Pero no fue sólo el entusiasmo popular el que empujó a los gobiernos a la guerra. La precipitación (de Austria-Hungría y de Rusia) propició un acelerón en la escalada de la crisis y se fue extendiendo entre los ejecutivos de todos los países la sensación de quedar atrapados en su propia red, que les empujaba a la guerra. Especialmente en Alemania, donde el káiser y el ejército eran muy conscientes de que tendrían que soportar en buena medida el peso de las operaciones militares (Austria-Hungría era militarmente débil e Italia se había negado a entrar en la espiral de amenazas alegando que la Triple Alianza era un acuerdo sólo defensivo). En estas circunstancias tomar la delantera era vital para no sucumbir al primer golpe. Esa fue la razón de que una vez que Rusia movilizase sus tropas Berlín se aprestase a presentar este movimiento como una agresión, lo que le justificaba para poner en marcha su plan de guerra. Este había sido elaborado por el que hasta 1906 fue su jefe del Estado Mayor, Alfred von Schlieffen, y se basaba en las consideraciones clásicas de la estrategia alemana. La base era que en caso de guerra el Imperio alemán se vería atacado por dos frentes (Francia y Rusia), por lo que era indispensable acometer rápidamente contra el enemigo que presentase menos dificultades para, una vez derrotado, volver el ataque contra el otro frente. A la hora de decidir contra cuál de los dos enemigos marchar primero la preocupación básica resultó ser el tamaño de los ejércitos. El clima de tensión internacional creciente de los años de preguerra había llevado a todas las potencias a lanzarse a una carrera de armamentos para estar preparadas en caso de que llegase el conflicto. Pero la disponibilidad de tropas no podía ser igual para todos. Por el propio peso de la demografía, la gran preocupación de Alemania era Rusia, que podía movilizar grandes cantidades de población masculina que había pasado por el servicio militar obligatorio, mientras que Francia tenía un crecimiento de población mucho menor y por tanto menos capacidad de movilización. Por ello se decidió que el primer objetivo debía ser Francia.

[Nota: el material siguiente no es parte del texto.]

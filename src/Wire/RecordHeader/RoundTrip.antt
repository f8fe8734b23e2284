-- ===== src/Wire/RecordHeader/RoundTrip.antt =====
-- `RecordHeader::write` and `RecordHeader::parse` against each other, and the two byte orders.
use oxihipo.Prelude.{
  ◌++◌, false, ◌+◌, ◌*◌, ◌/◌, ◌%◌, ◌^◌, ◌≤◌, ◌<◌, ◌≡◌, sym, ap, ◌∙◌, arith, length, Bytes, bit_or,
  ok, ◌>>=◌, map_ok,
}
use oxihipo.Prelude.Bits.{◌<<<◌, bit_and_mask, bit_or_fields_high}
use oxihipo.Wire.Bytes.{Endianness, little, big}
use oxihipo.Wire.Constants.Tags.{tag}
use oxihipo.Wire.Constants.Tags.RoundTrip.{from_word_fields, tag-lt}
use oxihipo.Wire.Fields.{length-fields_bytes}
use oxihipo.Wire.RecordHeader.{RecordHeader, from_words, parse, write, pad_bits, comp_word_of}
use oxihipo.Wire.RecordHeader.Fields.{
  HeaderWords, FitWords, encode, fields, words_of, parse-encode, parse-encode_append, write-encode,
}

-- A header that the format can express: what `parse` returns and the builders fill in. Lengths are
-- whole words that fit their fields, and the padding fields repeat the bits of `bit_info`.
pub record IsWellFormed (h : RecordHeader) : Type 0 where
  pub record_words : h.record_length ≡ h.record_length / 4 * 4
  pub record_fits : h.record_length < 2 ^ 34
  pub header_words : h.header_length ≡ h.header_length / 4 * 4
  pub header_fits : h.header_length < 2 ^ 32
  pub header_in_record : h.header_length ≤ h.record_length
  pub compressed_words : h.compressed_data_length ≡ h.compressed_data_length / 4 * 4
  pub compressed_fits : h.compressed_data_length < 2 ^ 30
  pub record_number : h.record_number < 2 ^ 32
  pub event_count : h.event_count < 2 ^ 32
  pub index_array_length : h.index_array_length < 2 ^ 32
  pub bit_info : h.bit_info < 2 ^ 32
  pub user_header_length : h.user_header_length < 2 ^ 32
  pub data_length : h.data_length < 2 ^ 32
  pub user_word_1 : h.user_word_1 < 2 ^ 64
  pub user_word_2 : h.user_word_2 < 2 ^ 64
  pub user_header_padding : h.user_header_padding ≡ pad_bits h.bit_info 20
  pub data_padding : h.data_padding ≡ pad_bits h.bit_info 22
  pub compressed_data_padding : h.compressed_data_padding ≡ pad_bits h.bit_info 24

-- The compression word as a sum of its two fields.
comp_word_sum :
    (h : RecordHeader)
    → h.compressed_data_length < 2 ^ 30
    → comp_word_of h ≡ h.compressed_data_length / 4 + tag h.compression * 2 ^ 28
comp_word_sum h f =
    ap (bit_or (tag h.compression <<< 28))
      (bit_and_mask 28 (h.compressed_data_length / 4) ∙ omega arith)
    ∙ ap (λ t. bit_or t (h.compressed_data_length / 4)) {y = tag h.compression * 2 ^ 28}
        (omega (arith, tag-lt h.compression))
    ∙ bit_or_fields_high 28 (tag h.compression) (h.compressed_data_length / 4) (omega arith)

words_of-FitWords : (h : RecordHeader) → IsWellFormed h → FitWords (words_of h)
words_of-FitWords h f = record {
  record_length = omega arith;
  record_number = f.record_number;
  header_length = omega (arith, f.header_fits);
  event_count = f.event_count;
  index_array_length = f.index_array_length;
  bit_info = f.bit_info;
  user_header_length = f.user_header_length;
  data_length = f.data_length;
  comp_word =
      rw (comp_word_sum h f.compressed_fits)
        (omega (arith, f.compressed_fits, tag-lt h.compression));
  user_word_1 = f.user_word_1;
  user_word_2 = f.user_word_2;
}

-- Interpreting the words of a well-formed header gives it back, with the byte order that was read.
from_words-words_of :
    (h : RecordHeader) (e : Endianness)
    → IsWellFormed h
    → from_words e
        (h.record_length / 4 % 2 ^ 32)
        h.record_number
        (h.header_length / 4)
        h.event_count
        h.index_array_length
        h.bit_info
        h.user_header_length
        h.data_length
        (comp_word_of h)
        h.user_word_1
        h.user_word_2
      ≡ ok (record h { endianness = e })
unfolding from_words
from_words-words_of h e f = ground (
  arith,
  comp_word_sum h f.compressed_fits,
  from_word_fields h.compression (h.compressed_data_length / 4) (omega (arith, f.compressed_fits)),
)

-- The same where the record's payload follows the header.
pub write-parse_append :
    (h : RecordHeader) (out rest : Bytes)
    → IsWellFormed h
    → h.endianness ≡ little
    → length out ≡ 56
    → (hdr : Bytes) × (write h out ≡ ok hdr) × (length hdr ≡ 56) × (parse (hdr ++ rest) ≡ ok h)
write-parse_append h out rest f e l = (
  encode little (words_of h),
  write-encode h out l,
  length-fields_bytes false (fields (words_of h)),
  parse-encode_append little (words_of h) rest (words_of-FitWords h f)
      ∙ from_words-words_of h little f
      ∙ ap (λ x. ok (record h { endianness = x })) (sym e),
)

-- `parse` of what `write` puts into an array of 56 bytes gives back a well-formed little-endian
-- header, whatever the array held.
pub parse-write_record :
    (h : RecordHeader) (out : Bytes)
    → IsWellFormed h
    → h.endianness ≡ little
    → length out ≡ 56
    → (write h out >>= parse) ≡ ok h
parse-write_record h out f e l = rw (write-encode h out l) (
    parse-encode little (words_of h) (words_of-FitWords h f)
    ∙ from_words-words_of h little f
    ∙ ap (λ x. ok (record h { endianness = x })) (sym e))

abbrev pub in_order : Endianness → RecordHeader → RecordHeader
in_order e h = record h { endianness = e }

from_words_order :
    (w : HeaderWords)
    → from_words big w.record_length w.record_number w.header_length w.event_count
        w.index_array_length w.bit_info w.user_header_length w.data_length w.comp_word w.user_word_1
        w.user_word_2
      ≡ map_ok (in_order big) (
          from_words little w.record_length w.record_number w.header_length w.event_count
            w.index_array_length w.bit_info w.user_header_length w.data_length w.comp_word
            w.user_word_1 w.user_word_2)
unfolding from_words
from_words_order w = ground arith

-- A big-endian header means what its little-endian twin means, errors included.
pub parse_big_endian_record :
    (w : HeaderWords)
    → FitWords w
    → parse (encode big w) ≡ map_ok (in_order big) (parse (encode little w))
parse_big_endian_record w f =
    rw (parse-encode big w f, parse-encode little w f) (from_words_order w)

Después de la derrota de 1871 y debido a que se consideraba que la inviolabilidad belga sería respetada, los estrategas franceses habían levantado las defensas en la frontera con Alemania. Schlieffen basaba la efectividad del golpe en dos puntos: atraer a las fuerzas francesas al interior alemán retirándose de Alsacia y Lorena como señuelo y atacar por el norte atravesando Bélgica para, continuando por el oeste, hacer un movimiento envolvente que permitiese marchar sobre París desde el interior cuando el grueso de las tropas francesas estuviesen penetrando en Alemania. Por ello se denominó a esta estrategia la «puerta giratoria»: todos los ejércitos se moverían en sentido contrario a las manillas del reloj, lo que permitiría a los alemanes dar el golpe de gracia primero. El plan de operaciones se basaba en la clásica pinza de Aníbal en la batalla de Cannas, pero con dimensiones continentales, y durante décadas había sido ensayado cientos de veces en los Kriegsspiele (juegos de la guerra) del muy científico Estado Mayor alemán, hasta alcanzar una precisión que, en sus movimientos iniciales, se mostraría extraordinaria.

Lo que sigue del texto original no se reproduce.